+++ Supplied data

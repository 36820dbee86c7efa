-- ===== src/Session.antt =====
-- The session of `Listener` in src/mq_adapters/sync_adapter.py with its broker: setting up the channel and
-- its consumer, and `stop_listening`.
pub mod Construction
pub mod Limits
pub mod Setup
pub mod Stopping
pub mod Loop
pub mod Keeps
pub mod Flags
pub mod Reconnecting
pub mod Rounds
pub mod Pairing
pub mod Growth
pub mod Advancing
pub mod Running
use rabbitmq_pika_adapter.Prelude.{
  String, Bool, true, false, ◌&&◌, Option, none, some, List, [], ◌∷◌, if◌then◌else◌,
}
use rabbitmq_pika_adapter.Prelude.Int.{ℤ, pos}
use rabbitmq_pika_adapter.Outcome.{
  Exception, assertion_error, Outcome, ok, raised, Action, ◌>>=◌, ◌>>◌, pure, raise, try_except,
  suppress,
}
use rabbitmq_pika_adapter.Stats.{Counter, connections_closed}
use rabbitmq_pika_adapter.Value.{Value, Fields, null, integer, dict, get_or, truthy}
use rabbitmq_pika_adapter.DeadLettering.{resolve_queue_arguments}

-- The callback that the consumer gets.
pub data Wrapper : Type 0 where
  offloading automatic direct : Wrapper

-- Calls of the connection factory, of pika and of the executor. An empty dict of arguments is passed as None.
pub data Call : Type 0 where
  connect : Call
  process_data_events : Call
  open_channel : Call
  basic_qos : (prefetch_size prefetch_count : Value) → Call
  declare_predefined : (queue : Value) (arguments : Fields) → Call
  declare_anonymous : Call
  exchange_declare : (exchange exchange_type : Value) → Call
  queue_bind : (queue exchange routing_key : Value) → Call
  basic_consume : (queue : Value) → Wrapper → (auto_ack : Bool) → Call
  shutdown : Call
  add_callback_threadsafe : Call
  stop_consuming : Call
  close_channel : Call
  close_connection : Call

pub data Event : Type 0 where
  did failed : Call → Event
  counted : Counter → Event

abbrev pub Log : Type 0
Log = List Event

-- An answer is what the call returns: a name for `declare_anonymous`.
pub record Env : Type 0 where
  pub answer : Log → Call → Outcome Value
  pub connection_open : Log → Bool
  pub channel_open : Log → Bool

pub record Settings : Type 0 where
  pub auto_ack : Bool
  pub offload : Bool
  pub predefined_queue : Bool
  pub prefetch_settings : Option Fields
  pub destination : Fields

-- `has_channel` and `has_connection` say that the attribute is not None.
pub record Session : Type 0 where
  pub stop_me : Bool
  pub has_channel : Bool
  pub has_connection : Bool
  pub log : Log

module _ (env : Env) (settings : Settings) where
  abbrev pub Do : Type 0
  Do = Action Session (Unit {0})

  unfoldable pub call : Call → Action Session Value
  call c s = elim (env.answer s.log c) [
    | ok v ↦ (ok v, record s { log = did c ∷ s.log })
    | raised e ↦ (raised e, record s { log = failed c ∷ s.log })
  ]

  abbrev pub skip : Do
  skip = pure tt

  abbrev pub perform : Call → Do
  perform c = call c >>= λ _. skip

  -- `try: call` / `except Exception: log`
  unfoldable pub attempt : Call → Do
  unfolding call
  attempt c = try_except (perform c) (λ e. skip)

  unfoldable pub apply_qos : Do
  unfolding attempt truthy get_or
  apply_qos = elim settings.prefetch_settings [
    | none ↦ skip
    | some prefetch ↦
        if truthy (dict prefetch)
        then attempt (
            basic_qos (get_or "prefetch_size" (integer (pos 0)) prefetch)
              (get_or "prefetch_count" (integer (pos 0)) prefetch))
        else skip
  ]

  abbrev pub of_destination : String → Value
  of_destination key = get_or key null settings.destination

  -- The queue to consume from. A predefined queue is used even if its declaration fails.
  unfoldable pub declare_queue : Action Session Value
  unfolding attempt call truthy get_or resolve_queue_arguments
  declare_queue =
      if settings.predefined_queue && truthy (of_destination "predefined_queue_name")
      then (attempt (
            declare_predefined (of_destination "predefined_queue_name")
              (resolve_queue_arguments settings.destination))
          >> pure (of_destination "predefined_queue_name"))
      else call declare_anonymous

  -- The wrapper and the broker's `auto_ack` flag.
  unfoldable pub consume : Value → Do
  unfolding call
  consume queue =
      if settings.offload
      then perform (basic_consume queue offloading settings.auto_ack)
      else if settings.auto_ack
      then perform (basic_consume queue automatic true)
      else perform (basic_consume queue direct false)

  abbrev pub with_queue : Value → Do
  with_queue queue = do
    attempt (exchange_declare (of_destination "exchange_name") (of_destination "exchange_type"))
    attempt (queue_bind queue (of_destination "exchange_name") (of_destination "routing_key"))
    consume queue

  abbrev pub keep_channel : Do
  keep_channel s = (ok tt, record s { has_channel = true })

  -- `_setup_channel_and_consumer`
  unfoldable pub setup_channel_and_consumer : Do
  unfolding call attempt apply_qos declare_queue consume
  setup_channel_and_consumer s =
      if s.has_connection
      then ((perform open_channel >> keep_channel) >> apply_qos >> (declare_queue >>= with_queue)) s
      else (raised assertion_error, s)

  -- `self.__channel and is_open`
  abbrev pub channel_usable : Session → Bool
  channel_usable s = s.has_channel && env.channel_open s.log

  abbrev pub connection_usable : Session → Bool
  connection_usable s = s.has_connection && env.connection_open s.log

  abbrev pub when_channel : Do → Do
  when_channel body s = if channel_usable s then body s else skip s

  abbrev pub when_connection : Do → Do
  when_connection body s = if connection_usable s then body s else skip s

  -- Best-effort stop and close, from the calling thread.
  unfoldable pub close_directly : Do
  unfolding attempt call
  close_directly = do
    when_channel (attempt stop_consuming)
    when_channel (attempt close_channel)
    when_connection (attempt close_connection)

  abbrev pub count_closed : Do
  count_closed s = (ok tt, record s { log = counted connections_closed ∷ s.log })

  -- `_request_stop_and_close`, on the connection's thread
  unfoldable pub request_stop_and_close : Do
  unfolding attempt call
  request_stop_and_close = do
    when_channel (attempt stop_consuming >> attempt close_channel)
    when_connection (suppress (perform close_connection >> count_closed))

  abbrev pub shut_down : Do
  shut_down = if settings.offload then attempt shutdown else skip

  abbrev pub request_or_close : Do
  request_or_close s =
      if connection_usable s
      then try_except (perform add_callback_threadsafe) (λ e. close_directly) s
      else close_directly s

  -- `stop_listening`
  unfoldable pub stop_listening : Do
  unfolding attempt call close_directly
  stop_listening s = (shut_down >> request_or_close) (record s { stop_me = true })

++++++

Work required
Restate the data above word for word, omitting nothing.

Answer to this problem
repository 36820dbee86c7efa
-- ===== src/Session.antt =====
-- The session of `Listener` in src/mq_adapters/sync_adapter.py with its broker: setting up the channel and
-- its consumer, and `stop_listening`.
pub mod Construction
pub mod Limits
pub mod Setup
pub mod Stopping
pub mod Loop
pub mod Keeps
pub mod Flags
pub mod Reconnecting
pub mod Rounds
pub mod Pairing
pub mod Growth
pub mod Advancing
pub mod Running
use rabbitmq_pika_adapter.Prelude.{
  String, Bool, true, false, ◌&&◌, Option, none, some, List, [], ◌∷◌, if◌then◌else◌,
}
use rabbitmq_pika_adapter.Prelude.Int.{ℤ, pos}
use rabbitmq_pika_adapter.Outcome.{
  Exception, assertion_error, Outcome, ok, raised, Action, ◌>>=◌, ◌>>◌, pure, raise, try_except,
  suppress,
}
use rabbitmq_pika_adapter.Stats.{Counter, connections_closed}
use rabbitmq_pika_adapter.Value.{Value, Fields, null, integer, dict, get_or, truthy}
use rabbitmq_pika_adapter.DeadLettering.{resolve_queue_arguments}

-- The callback that the consumer gets.
pub data Wrapper : Type 0 where
  offloading automatic direct : Wrapper

-- Calls of the connection factory, of pika and of the executor. An empty dict of arguments is passed as None.
pub data Call : Type 0 where
  connect : Call
  process_data_events : Call
  open_channel : Call
  basic_qos : (prefetch_size prefetch_count : Value) → Call
  declare_predefined : (queue : Value) (arguments : Fields) → Call
  declare_anonymous : Call
  exchange_declare : (exchange exchange_type : Value) → Call
  queue_bind : (queue exchange routing_key : Value) → Call
  basic_consume : (queue : Value) → Wrapper → (auto_ack : Bool) → Call
  shutdown : Call
  add_callback_threadsafe : Call
  stop_consuming : Call
  close_channel : Call
  close_connection : Call

pub data Event : Type 0 where
  did failed : Call → Event
  counted : Counter → Event

abbrev pub Log : Type 0
Log = List Event

-- An answer is what the call returns: a name for `declare_anonymous`.
pub record Env : Type 0 where
  pub answer : Log → Call → Outcome Value
  pub connection_open : Log → Bool
  pub channel_open : Log → Bool

pub record Settings : Type 0 where
  pub auto_ack : Bool
  pub offload : Bool
  pub predefined_queue : Bool
  pub prefetch_settings : Option Fields
  pub destination : Fields

-- `has_channel` and `has_connection` say that the attribute is not None.
pub record Session : Type 0 where
  pub stop_me : Bool
  pub has_channel : Bool
  pub has_connection : Bool
  pub log : Log

module _ (env : Env) (settings : Settings) where
  abbrev pub Do : Type 0
  Do = Action Session (Unit {0})

  unfoldable pub call : Call → Action Session Value
  call c s = elim (env.answer s.log c) [
    | ok v ↦ (ok v, record s { log = did c ∷ s.log })
    | raised e ↦ (raised e, record s { log = failed c ∷ s.log })
  ]

  abbrev pub skip : Do
  skip = pure tt

  abbrev pub perform : Call → Do
  perform c = call c >>= λ _. skip

  -- `try: call` / `except Exception: log`
  unfoldable pub attempt : Call → Do
  unfolding call
  attempt c = try_except (perform c) (λ e. skip)

  unfoldable pub apply_qos : Do
  unfolding attempt truthy get_or
  apply_qos = elim settings.prefetch_settings [
    | none ↦ skip
    | some prefetch ↦
        if truthy (dict prefetch)
        then attempt (
            basic_qos (get_or "prefetch_size" (integer (pos 0)) prefetch)
              (get_or "prefetch_count" (integer (pos 0)) prefetch))
        else skip
  ]

  abbrev pub of_destination : String → Value
  of_destination key = get_or key null settings.destination

  -- The queue to consume from. A predefined queue is used even if its declaration fails.
  unfoldable pub declare_queue : Action Session Value
  unfolding attempt call truthy get_or resolve_queue_arguments
  declare_queue =
      if settings.predefined_queue && truthy (of_destination "predefined_queue_name")
      then (attempt (
            declare_predefined (of_destination "predefined_queue_name")
              (resolve_queue_arguments settings.destination))
          >> pure (of_destination "predefined_queue_name"))
      else call declare_anonymous

  -- The wrapper and the broker's `auto_ack` flag.
  unfoldable pub consume : Value → Do
  unfolding call
  consume queue =
      if settings.offload
      then perform (basic_consume queue offloading settings.auto_ack)
      else if settings.auto_ack
      then perform (basic_consume queue automatic true)
      else perform (basic_consume queue direct false)

  abbrev pub with_queue : Value → Do
  with_queue queue = do
    attempt (exchange_declare (of_destination "exchange_name") (of_destination "exchange_type"))
    attempt (queue_bind queue (of_destination "exchange_name") (of_destination "routing_key"))
    consume queue

  abbrev pub keep_channel : Do
  keep_channel s = (ok tt, record s { has_channel = true })

  -- `_setup_channel_and_consumer`
  unfoldable pub setup_channel_and_consumer : Do
  unfolding call attempt apply_qos declare_queue consume
  setup_channel_and_consumer s =
      if s.has_connection
      then ((perform open_channel >> keep_channel) >> apply_qos >> (declare_queue >>= with_queue)) s
      else (raised assertion_error, s)

  -- `self.__channel and is_open`
  abbrev pub channel_usable : Session → Bool
  channel_usable s = s.has_channel && env.channel_open s.log

  abbrev pub connection_usable : Session → Bool
  connection_usable s = s.has_connection && env.connection_open s.log

  abbrev pub when_channel : Do → Do
  when_channel body s = if channel_usable s then body s else skip s

  abbrev pub when_connection : Do → Do
  when_connection body s = if connection_usable s then body s else skip s

  -- Best-effort stop and close, from the calling thread.
  unfoldable pub close_directly : Do
  unfolding attempt call
  close_directly = do
    when_channel (attempt stop_consuming)
    when_channel (attempt close_channel)
    when_connection (attempt close_connection)

  abbrev pub count_closed : Do
  count_closed s = (ok tt, record s { log = counted connections_closed ∷ s.log })

  -- `_request_stop_and_close`, on the connection's thread
  unfoldable pub request_stop_and_close : Do
  unfolding attempt call
  request_stop_and_close = do
    when_channel (attempt stop_consuming >> attempt close_channel)
    when_connection (suppress (perform close_connection >> count_closed))

  abbrev pub shut_down : Do
  shut_down = if settings.offload then attempt shutdown else skip

  abbrev pub request_or_close : Do
  request_or_close s =
      if connection_usable s
      then try_except (perform add_callback_threadsafe) (λ e. close_directly) s
      else close_directly s

  -- `stop_listening`
  unfoldable pub stop_listening : Do
  unfolding attempt call close_directly
  stop_listening s = (shut_down >> request_or_close) (record s { stop_me = true })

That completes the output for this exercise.